The above copyright notice and this permission notice shall be included in all 

copies or substantial portions of the Software. 

 

THE SOFTWARE IS PROVIDED "AS IS", WITHOUT WARRANTY OF ANY KIND, EXPRESS OR 

IMPLIED, INCLUDING BUT NOT LIMITED TO THE WARRANTIES OF MERCHANTABILITY, 

FITNESS FOR A PARTICULAR PURPOSE AND NONINFRINGEMENT. IN NO EVENT SHALL THE 

AUTHORS OR COPYRIGHT HOLDERS BE LIABLE FOR ANY CLAIM, DAMAGES OR OTHER 

LIABILITY, WHETHER IN AN ACTION OF CONTRACT, TORT OR OTHERWISE, ARISING FROM, 

OUT OF OR IN CONNECTION WITH THE SOFTWARE OR THE USE OR OTHER DEALINGS IN THE 

SOFTWARE.''' 

 

from __future__ import division 

from scipy.interpolate import interp1d 

from scipy.optimize import fsolve 

from scipy.constants import g 

from math import tan, radians 

 

__all__ = ['Q_weir_V_Shen', 

'Q_weir_rectangular_Kindsvater_Carter', 'Q_weir_rectangular_SIA', 

'Q_weir_rectangular_full_Ackers', 'Q_weir_rectangular_full_SIA', 

'Q_weir_rectangular_full_Rehbock', 'Q_weir_rectangular_full_Kindsvater_Carter', 

'V_Manning', 'n_Manning_to_C_Chezy', 'C_Chezy_to_n_Manning', 'V_Chezy', 

'n_natural', 'n_excavated_dredged', 'n_lined_built', 'n_closed_conduit', 

'n_dicts'] 

 

 

nape_types = ['free', 'depressed', 'clinging'] 

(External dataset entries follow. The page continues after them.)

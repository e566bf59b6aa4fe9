-- ===== src/Blockdev/Tests.antt =====
-- A client posts the request 700, and the driver takes it.
use geekos.Base.{◌+◌, ◌≡◌, refl, true, false, none, [], ◌∷◌, arith}
use geekos.Base.Outcome.{Outcome, done, assert_failed, out_of_fuel}
use geekos.Errno.{ok}
use geekos.Scheduler.{Thread, Sched, enqueue_thread, wake_up, wake_all}
use geekos.Blockdev.Requests.{Requests, completed, create_request, post_request, dequeue_request}
use geekos.Blockdev.Delivery.{
  Config, post, take, Reach, here, next, mark, on_its_way, due, requests-delivered,
}

abbrev thread : Thread
thread = record {
  num_ticks = 0;
  priority = 5;
  owner = 0;
  ref_count = 1;
  alive = true;
  exit_code = 0;
  pid = 1;
  current_ready_queue = 0;
  blocked = false;
  wait_queue = 0;
}

abbrev sched : Sched
sched = record {
  threads = λ t. thread;
  all_threads = 1 ∷ [];
  run_queues = [] ∷ [] ∷ [] ∷ [] ∷ [];
  max_queue_level = 4;
  wait_queues = λ q. [];
  graveyard = [];
  current = 1;
  next_free_pid = 2;
  interrupts = true;
  preemption_disabled = false;
  need_reschedule = false;
}

abbrev start : Config
start = record {
  world = record {
    sched = sched;
    requests = λ r. record {
      is_write = false;
      block_num = 0;
      buf = 0;
      state = completed;
      error_code = ok;
      wait_queue = r + 1;
    };
    request_queue = [];
    wait_queue = 50;
  };
  driver = 0;
  awaited = λ r. false;
}

abbrev result : {A : Type 0} → A → Outcome A → A
result d (done a) = a
result d assert_failed = d
result d out_of_fuel = d

abbrev posted : Requests
unfolding create_request post_request enqueue_thread wake_up wake_all
posted = result start.world (post_request (create_request start.world 700 false 3 4096) 700)

abbrev one_request : Config
unfolding posted
one_request = record start { world = posted; awaited = mark start.awaited 700 true }

abbrev accepted : Requests
unfolding posted one_request dequeue_request
accepted = (result (none, start.world) (dequeue_request posted)).1

abbrev carried_out : Config
unfolding posted one_request accepted
carried_out = record one_request { world = accepted; driver = 700 }

trace : Reach start carried_out
unfolding posted one_request accepted carried_out create_request post_request enqueue_thread wake_up
    wake_all dequeue_request
trace = next (next here (post 700 false 3 4096 posted refl refl)) (take 700 accepted refl refl)

requests-delivered_example : on_its_way carried_out 700 ≡ due carried_out 700
requests-delivered_example =
    requests-delivered start carried_out 700 refl refl (λ a. refl) trace
      (λ e. absurd (omega (arith, e)))
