-- ===== src/Bufcache.antt =====
-- src/geekos/bufcache.c and include/geekos/bufcache.h: the filesystem buffer cache.
-- The list of buffers is the sequence that the module `LinkedList` shows Move_To_Front and
-- Add_To_Front to compute. A buffer is known by its address. The functions run with the cache's
-- mutex held, so each is one step; where Get_Buffer waits on the condition, the step ends as
-- `waiting`. The block device is a parameter: what each sector holds, and the code with which a
-- request for it completes. The data of a buffer is the part of its page that is one block.
pub mod Io
pub mod Buffers
pub mod Flags
pub mod Invariant
pub mod Get
pub mod Evict
pub mod Flush
mod Tests
use geekos.Base.{
  ltb, ◌==◌, if◌then◌else◌, ℕ, zero, suc, ◌+◌, ◌-◌, ◌*◌, ◌/◌, ◌%◌, ◌^◌, bit_and, bit_or, Bool, true,
  not, ◌&&◌, Option, none, some, List, [], ◌∷◌,
}
use geekos.Base.Bits.{has}
use geekos.Base.Reasons.{Run, done, stop, ◌>>=◌, ◌>>◌, kassert, out_of_bounds, wild_pointer}
use geekos.Errno.{Rc, ok, enomem, is_ok}

pub record Device : Type 0 where
  pub sectors : ℕ → ℕ
  pub status : ℕ → Rc

abbrev pub write_sector : (ℕ → ℕ) → ℕ → ℕ → ℕ → ℕ
write_sector f n x m = if n == m then x else f m

-- Block_Read and Block_Write: the code, the device and the caller's sector-sized buffer.
unfoldable pub block_read : Device → ℕ → ℕ → Rc × Device × ℕ
block_read dev n x =
    if is_ok (dev.status n) then (ok, dev, dev.sectors n) else (dev.status n, dev, x)

unfoldable pub block_write : Device → ℕ → ℕ → Rc × Device × ℕ
block_write dev n x =
    if is_ok (dev.status n)
    then (ok, record dev { sectors = write_sector dev.sectors n x }, x)
    else (dev.status n, dev, x)

abbrev pub sector_size : ℕ
sector_size = 512

-- FS_BUFFER_DIRTY and FS_BUFFER_INUSE
abbrev pub dirty : ℕ
dirty = 1

abbrev pub in_use : ℕ
in_use = 2

-- `data` is the block as the sequence of its sectors.
pub record Buffer : Type 0 where
  pub addr : ℕ
  pub block_num : ℕ
  pub contents : List ℕ
  pub flags : ℕ

pub record Cache : Type 0 where
  pub dev : Device
  pub fs_block_size : ℕ
  pub num_cached : ℕ
  pub buffers : List Buffer

abbrev pub max_blocks : ℕ
max_blocks = 128

unfoldable pub get_num_sectors_per_fs_block : Cache → ℕ
get_num_sectors_per_fs_block c = c.fs_block_size / sector_size

-- The first sector of a block, an unsigned product.
abbrev pub first_sector : ℕ → ℕ → ℕ
first_sector per_block n = (n * per_block) % 2 ^ 32

-- The loop of Do_Buffer_IO, with `left` rounds to go on the sectors that are left of the data: one request in
-- each round, up to the first that fails.
unfoldable pub io_loop :
    (Device → ℕ → ℕ → Rc × Device × ℕ) → ℕ → Device → ℕ → List ℕ → Run (Rc × Device × List ℕ)
io_loop io zero dev n xs = done (ok, dev, xs)
io_loop io (suc left) dev n [] = stop out_of_bounds
io_loop io (suc left) dev n (x ∷ xs) =
    let (rc, dev', x') = io dev n x in
    let rest = io_loop io left dev' (n + 1) xs in
    if is_ok rc
    then (rest >>= λ (rc', dev'', xs'). done (rc', dev'', x' ∷ xs'))
    else done (rc, dev', x' ∷ xs)

-- The rounds until the offset is not below the block size.
abbrev pub num_rounds : ℕ → ℕ
num_rounds size = (size + (sector_size - 1)) / sector_size

-- The assertions behind the loop, after as many rounds, and so many sectors, as it has.
abbrev pub check_rounds : Cache → Rc × Device × List ℕ → Run (Rc × Device × List ℕ)
check_rounds c (rc, dev', xs) =
    if is_ok rc
    then (do
      kassert (num_rounds c.fs_block_size * sector_size == c.fs_block_size)
      kassert (num_rounds c.fs_block_size == get_num_sectors_per_fs_block c)
      done (rc, dev', xs))
    else done (rc, dev', xs)

unfoldable pub do_buffer_io :
    (Device → ℕ → ℕ → Rc × Device × ℕ) → Cache → Buffer → Run (Rc × Device × List ℕ)
unfolding get_num_sectors_per_fs_block
do_buffer_io io c buf = do
  r ←
      io_loop io (num_rounds c.fs_block_size) c.dev
        (first_sector (get_num_sectors_per_fs_block c) buf.block_num) buf.contents
  check_rounds c r

-- `flags |= m` and `flags &= ~m`, on 32-bit words.
abbrev pub set_flag : ℕ → ℕ → ℕ
set_flag flags m = bit_or flags m

abbrev pub clear_flag : ℕ → ℕ → ℕ
clear_flag flags m = bit_and flags (2 ^ 32 - 1 - m)

unfoldable pub sync_buffer : Cache → Buffer → Run (Rc × Device × Buffer)
unfolding do_buffer_io
sync_buffer c buf =
    if has buf.flags dirty
    then (do
      (rc, dev', xs) ← do_buffer_io block_write c buf
      done (
          if is_ok rc
          then (ok, dev', record buf { flags = clear_flag buf.flags dirty })
          else (rc, dev', buf)))
    else done (ok, c.dev, buf)

-- What the search of Get_Buffer finds: a buffer for the block, or the least recently used buffer that
-- is not in use, if there is one.
pub data Scan : Type 0 where
  hit : Buffer → Scan
  miss : Option Buffer → Scan

unfoldable pub scan : List Buffer → ℕ → Option Buffer → Scan
scan [] n lru = miss lru
scan (b ∷ bs) n lru =
    let rest = scan bs n (if not (has b.flags in_use) then some b else lru) in
    if b.block_num == n then hit b else rest

-- The struct at an address, and the list without it.
unfoldable pub put : Buffer → List Buffer → List Buffer
put buf [] = []
put buf (b ∷ bs) = (if b.addr == buf.addr then buf else b) ∷ put buf bs

unfoldable pub remove : ℕ → List Buffer → List Buffer
remove a [] = []
remove a (b ∷ bs) = if b.addr == a then bs else b ∷ remove a bs

-- How Get_Buffer ends: with the buffer at an address, waiting for it, or with an error code.
pub data Got : Type 0 where
  acquired : ℕ → Got
  waiting : ℕ → Got
  failed : Rc → Got

-- From the label readAndAcquire on: `buf` is clean and stands in front of `rest`.
unfoldable pub read_and_acquire : Cache → Buffer → List Buffer → Run (Cache × Got)
unfolding do_buffer_io
read_and_acquire c buf rest = do
  (rc, dev', xs) ← do_buffer_io block_read c buf
  done (
      if is_ok rc
      then (
        record c {
          dev = dev';
          buffers = record buf { contents = xs; flags = set_flag buf.flags in_use } ∷ rest;
        },
        acquired buf.addr,
      )
      else (record c { dev = dev'; buffers = record buf { contents = xs } ∷ rest }, failed rc))

-- Stealing the least recently used buffer.
unfoldable pub evict : Cache → Option Buffer → Run (Cache × Got)
evict c none = done (c, failed enomem)
evict c (some lru) = do
  (rc, dev', lru') ← sync_buffer c lru
  if is_ok rc
      then read_and_acquire (record c { dev = dev' }) (record lru' { flags = 0 })
          (remove lru.addr c.buffers)
      else done (record c { dev = dev' }, failed rc)

-- `alloc` is what Malloc and Alloc_Page give: an address and what the new page holds, or `none` if
-- one of them fails.
unfoldable pub get_missing : Option (ℕ × List ℕ) → Cache → ℕ → Option Buffer → Run (Cache × Got)
unfolding evict
get_missing none c n lru = evict c lru
get_missing (some (a, page)) c n lru =
    if ltb c.num_cached max_blocks
    then read_and_acquire (record c { num_cached = c.num_cached + 1 })
        (record { addr = a; block_num = n; contents = page; flags = 0 }) c.buffers
    else evict c lru

-- A buffer that is there already: taken, or waited for while it is in use.
unfoldable pub get_found : Cache → Buffer → Cache × Got
get_found c b = if has b.flags in_use then (c, waiting b.addr) else (
  record c { buffers = put (record b { flags = set_flag b.flags in_use }) c.buffers },
  acquired b.addr,
)

unfoldable pub get_buffer : Option (ℕ × List ℕ) → Cache → ℕ → Run (Cache × Got)
get_buffer alloc c n = elim (scan c.buffers n none) [
  | hit b ↦ done (get_found c b)
  | miss lru ↦ get_missing alloc c n lru
]

unfoldable pub get_fs_buffer : Option (ℕ × List ℕ) → Cache → ℕ → Run (Cache × Got)
get_fs_buffer alloc c n = get_buffer alloc c n

-- The loop of Sync_Cache over the buffers that are left: the code, the device and these buffers.
unfoldable pub sync_loop : Cache → List Buffer → Run (Rc × Device × List Buffer)
sync_loop c [] = done (ok, c.dev, [])
sync_loop c (b ∷ bs) = do
  (rc, dev', b') ← sync_buffer c b
  let rest = sync_loop (record c { dev = dev' }) bs
  if is_ok rc
      then (rest >>= λ (rc', dev'', bs'). done (rc', dev'', b' ∷ bs'))
      else done (rc, dev', b' ∷ bs)

unfoldable pub sync_cache : Cache → Run (Rc × Cache)
sync_cache c = do
  (rc, dev', bs) ← sync_loop c c.buffers
  done (rc, record c { dev = dev'; buffers = bs })

unfoldable pub sync_fs_buffer_cache : Cache → Run (Rc × Cache)
sync_fs_buffer_cache c = sync_cache c

-- The buffer operations take the struct that the address names.
unfoldable pub find : ℕ → List Buffer → Option Buffer
find a [] = none
find a (b ∷ bs) = if b.addr == a then some b else find a bs

-- An address that names no buffer of the cache is a wild pointer.
unfoldable pub modify_fs_buffer : Cache → ℕ → Run Cache
modify_fs_buffer c a = elim (find a c.buffers) [
  | none ↦ stop wild_pointer
  | some b ↦ do
    kassert (has b.flags in_use)
    done (record c { buffers = put (record b { flags = set_flag b.flags dirty }) c.buffers })
]

unfoldable pub sync_fs_buffer : Cache → ℕ → Run (Rc × Cache)
sync_fs_buffer c a = elim (find a c.buffers) [
  | none ↦ stop wild_pointer
  | some b ↦ do
    kassert (has b.flags in_use)
    (rc, dev', b') ← sync_buffer c b
    done (rc, record c { dev = dev'; buffers = put b' c.buffers })
]

unfoldable pub release_fs_buffer : Cache → ℕ → Run (Rc × Cache)
release_fs_buffer c a = elim (find a c.buffers) [
  | none ↦ stop wild_pointer
  | some b ↦ do
    kassert (has b.flags in_use)
    done (ok, record c { buffers = put (record b { flags = clear_flag b.flags in_use }) c.buffers })
]

-- Create_FS_Buffer_Cache, where Malloc succeeds.
unfoldable pub create_fs_buffer_cache : Device → ℕ → Cache
create_fs_buffer_cache dev size = record {
  dev = dev;
  fs_block_size = size;
  num_cached = 0;
  buffers = [];
}

-- The loop of Destroy_FS_Buffer_Cache that frees the buffers; false is a failed KASSERT.
unfoldable pub free_buffers : List Buffer → Bool
free_buffers [] = true
free_buffers (b ∷ bs) = not (has b.flags (bit_or dirty in_use)) && free_buffers bs

-- The code and the device.
unfoldable pub destroy_fs_buffer_cache : Cache → Run (Rc × Device)
destroy_fs_buffer_cache c = do
  (rc, c') ← sync_cache c
  kassert (free_buffers c'.buffers)
  done (rc, c'.dev)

flow_types = ['aerated', 'partially aerated', 'unaerated'] 

weir_types = ['V-notch', 'rectangular', 'rectangular full-channel', 

'Cipoletti', 'broad-crested', 'Ogee'] 

 

angles_Shen = [20, 40, 60, 80, 100] 

Cs_Shen = [0.59, 0.58, 0.575, 0.575, 0.58] 

k_Shen = [0.0028, 0.0017, 0.0012, 0.001, 0.001] 

 

Cs_Shen_i = interp1d(angles_Shen, Cs_Shen) 

k_Shen_i = interp1d(angles_Shen, k_Shen) 

 

 

### V-Notch Weirs (Triangular weir) 

 

def Q_weir_V_Shen(h1, angle=90): 

r'''Calculates the flow rate across a V-notch (triangular) weir from 

the height of the liquid above the tip of the notch, and with the angle 

of the notch. Most of these type of weir are 90 degrees. Model from [1]_ 

as reproduced in [2]_. 

 

Flow rate is given by: 

 

.. math:: 

Q = C \tan\left(\frac{\theta}{2}\right)\sqrt{g}(h_1 + k)^{2.5} 

 

Parameters 

---------- 

h1 : float 

Height of the fluid above the notch [m] 

angle : float, optional 

Angle of the notch [degrees] 

 

Returns 

------- 

Q : float 

Volumetric flow rate across the weir [m^3/s] 

 

Notes 

----- 

angles = [20, 40, 60, 80, 100] 

Cs = [0.59, 0.58, 0.575, 0.575, 0.58] 

k = [0.0028, 0.0017, 0.0012, 0.001, 0.001] 

 

The following limits apply to the use of this equation: 

 

h1 >= 0.05 m 

h2 > 0.45 m 

h1/h2 <= 0.4 m 

b > 0.9 m 

 

.. math:: 

\frac{h_1}{b}\tan\left(\frac{\theta}{2}\right) < 2 

 

Flows are lower than obtained by the curves at 

http://www.lmnoeng.com/Weirs/vweir.php. 

 

Examples 

-------- 

>>> Q_weir_V_Shen(0.6, angle=45) 

0.21071725775478228 

 

References 

---------- 

.. [1] Shen, John. "Discharge Characteristics of Triangular-Notch 

Thin-Plate Weirs : Studies of Flow to Water over Weirs and Dams." 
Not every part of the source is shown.